CEPA began to experience growing pains after a period of heavy growth in areas like Jackson, Clinton and Vicksburg. They had spread their resources too thin across their seven-county footprint, and the situation was causing financial and operational challenges. By the 1960s, it was clear they were about to have a major rate increase while MP&L rates were stable. Some members were not happy with service issues.

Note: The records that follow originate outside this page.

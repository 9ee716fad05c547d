-- ===== src/Mux.antt =====
-- crates/protocol-mux: N clients share one upstream connection.
pub mod Client
pub mod Message
pub mod Remapper
pub mod Cancel
pub mod Tracker
pub mod Breakpoint
pub mod Cache
pub mod Session
pub mod Multiplexer
mod Examples
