-- ===== src/Mux/Breakpoint/Slots.antt =====
-- The slots that breakpoint ids name (crates/protocol-mux/src/breakpoint_state.rs): `breakpoint_ids`
-- maps an id to a file and an index into that file's entries.
use dappy_core.Common.{
  arith, ℕ, String, ◌≡◌, refl, true, Option, none, some, List, [], ◌∷◌, if◌then◌else◌, ◌==◌, nat_eq,
  string_eq, and_then, is_some, get_elem?, remove_at,
}
use dappy_core.Common.HashMap.{HashMap}
use dappy_core.Common.HashMap
use dappy_core.Mux.Tracker.{without_slot, empty, BreakpointTracker, SourceBreakpointSpec}
use dappy_core.Mux.Breakpoint.{◌∷◌, none, get_elem?, and_then, Option, String, List, ℕ}

-- The entry that a slot finds in the files.
abbrev pub at_slot :
    HashMap String (List SourceBreakpointSpec) → String × ℕ → Option SourceBreakpointSpec
at_slot files slot = and_then (HashMap.get files slot.0) (λ entries. get_elem? entries slot.1)

-- The entry that an id names.
abbrev pub spec_of_id : BreakpointTracker → ℕ → Option SourceBreakpointSpec
spec_of_id t id = and_then (HashMap.get t.breakpoint_ids id) (at_slot t.source_breakpoints)

-- Every id names an entry that is there, and no two ids name the same one.
pub record IsIndexed (t : BreakpointTracker) : Type 0 where
  pub named :
      (id : ℕ) (slot : String × ℕ)
      → HashMap.get t.breakpoint_ids id ≡ some slot
      → is_some (spec_of_id t id) ≡ true
  pub distinct :
      (i j : ℕ) (slot : String × ℕ)
      → HashMap.get t.breakpoint_ids i ≡ some slot
      → HashMap.get t.breakpoint_ids j ≡ some slot
      → i ≡ j

pub empty-IsIndexed : IsIndexed empty
unfolding empty HashMap.get
empty-IsIndexed = record { named = λ id slot h. cc; distinct = λ i j slot h. cc }

-- An empty list of entries is no entry in the map of files.
abbrev pub kept : List SourceBreakpointSpec → Option (List SourceBreakpointSpec)
kept [] = none
kept (spec ∷ rest) = some (spec ∷ rest)

pub get_elem?-kept :
    (l : List SourceBreakpointSpec) (i : ℕ)
    → and_then (kept l) (λ es. get_elem? es i) ≡ get_elem? l i
get_elem?-kept [] i = refl
get_elem?-kept (spec ∷ rest) i = refl

without_slot-cases :
    (files : HashMap String (List SourceBreakpointSpec)) (p q : String) (x : ℕ)
    (es l : List SourceBreakpointSpec)
    → HashMap.get files p ≡ some es
    → remove_at es x ≡ l
    → HashMap.get (without_slot files p x) q ≡ (if p == q then kept l else HashMap.get files q)
unfolding without_slot
without_slot-cases files p q x es [] h r =
    rw (h, without_slot) (rw (r, without_slot) (HashMap.get-remove files p q))
without_slot-cases files p q x es (spec ∷ rest) h r =
    rw (h, without_slot) (rw (r, without_slot) (HashMap.get-insert files p q (spec ∷ rest)))

-- A removal changes the one file, and drops the file with its last entry.
pub get-without_slot :
    (files : HashMap String (List SourceBreakpointSpec)) (p q : String) (x : ℕ)
    (es : List SourceBreakpointSpec)
    → HashMap.get files p ≡ some es
    → HashMap.get (without_slot files p x) q
      ≡ (if p == q then kept (remove_at es x) else HashMap.get files q)
get-without_slot files p q x es h = without_slot-cases files p q x es (remove_at es x) h refl

pub at_slot-insert :
    (files : HashMap String (List SourceBreakpointSpec)) (path : String)
    (l : List SourceBreakpointSpec) (slot : String × ℕ)
    → at_slot (HashMap.insert files path l) slot
      ≡ (if path == slot.0 then get_elem? l slot.1 else at_slot files slot)
at_slot-insert files path l (q, y) = ground (arith, HashMap.get-insert files path q l)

“Capital Electric was a rural utility that was suddenly finding itself in an urban environment where things were growing,” Meiners says. “The residences and businesses were bigger, and there were more industrial customers, as well.”
MP&L acquires CEPA
During a plane ride shortly after Meiners was appointed director of division operations at MP&L, Donald Lutken, who was then president of the company, turned to Meiners. He saw an opportunity to acquire CEPA, and he wanted him to arrange the purchase. That curt directive led to the creation of a three-person committee whose sole objective was to negotiate with the CEPA board and plan the eventual integration of the companies.
Along with George Wynn, director of economic development, and Alex Rogers, senior vice president of finance, Meiners immediately went to work on the deal. But absorbing a highly decentralized, rural utility into a more agile, urbanized outfit wouldn’t be easy. The two types of utility models were at such philosophical odds, the purchase of a large co-op by another utility had never been done before—or since.
“Buying an electric power association was a new kind of challenge,” Meiners says. “The EPAs are member owned and must vote whether or not to sell. For a deal this significant, both parties had to see some advantages. We provided enough printed copies of the purchase contract for the CEPA board to mail to every member."
One immediate advantage to CEPA was the improving service and maintenance to the 17,000 customers spread across their footprint. MP&L had a robust team of linemen in the region, all ready to handle new customers and outages. MP&L also had greater price stability compared to CEPA, which was facing major upgrade needs with costs passed to members. As a larger and better-heeled organization, MP&L could absorb the costs without causing rate shock among customers. As a result, service improved, and rates dropped.
After upgrades, CEPA lines that ran near MP&L’s lines could be joined, avoiding costly duplication; now lines could be fed from more than one way. And MP&L was also positioned to serve large industry and help develop new industrial sites.
Purchase benefits customers and workers
Although a consortium of other electric power associations challenged the purchase with the state Public Service Commission, MP&L closed the purchase in December 1972 by paying CEPA $10.5 million for facilities and another $1.5 million for other assets. The sale netted payouts averaging more than $700 per member. In the end, CEPA customers voted 2 to 1 in favor of the deal.
MP&L made good on its promise to absorb the CEPA workforce and retained the dissolved association’s board of directors for 12 years to distribute funds to the former members and to ensure the utility’s new rural customers were treated fairly. Plus, as MP&L employees, their linemen could join the International Brotherhood of Electrical Workers union. The IBEW granted those employees seniority credit for their time with CEPA.
The lasting legacy of the CEPA acquisition is how it opened rural farmlands to new uses, thanks to MP&L’s economic development engine, Meiners says. Former CEPA-serviced land in central Madison County, for example, is now home to brands like Nissan, Amazon, Siemens, Levi’s and Bayer—the core of the region’s economic engine.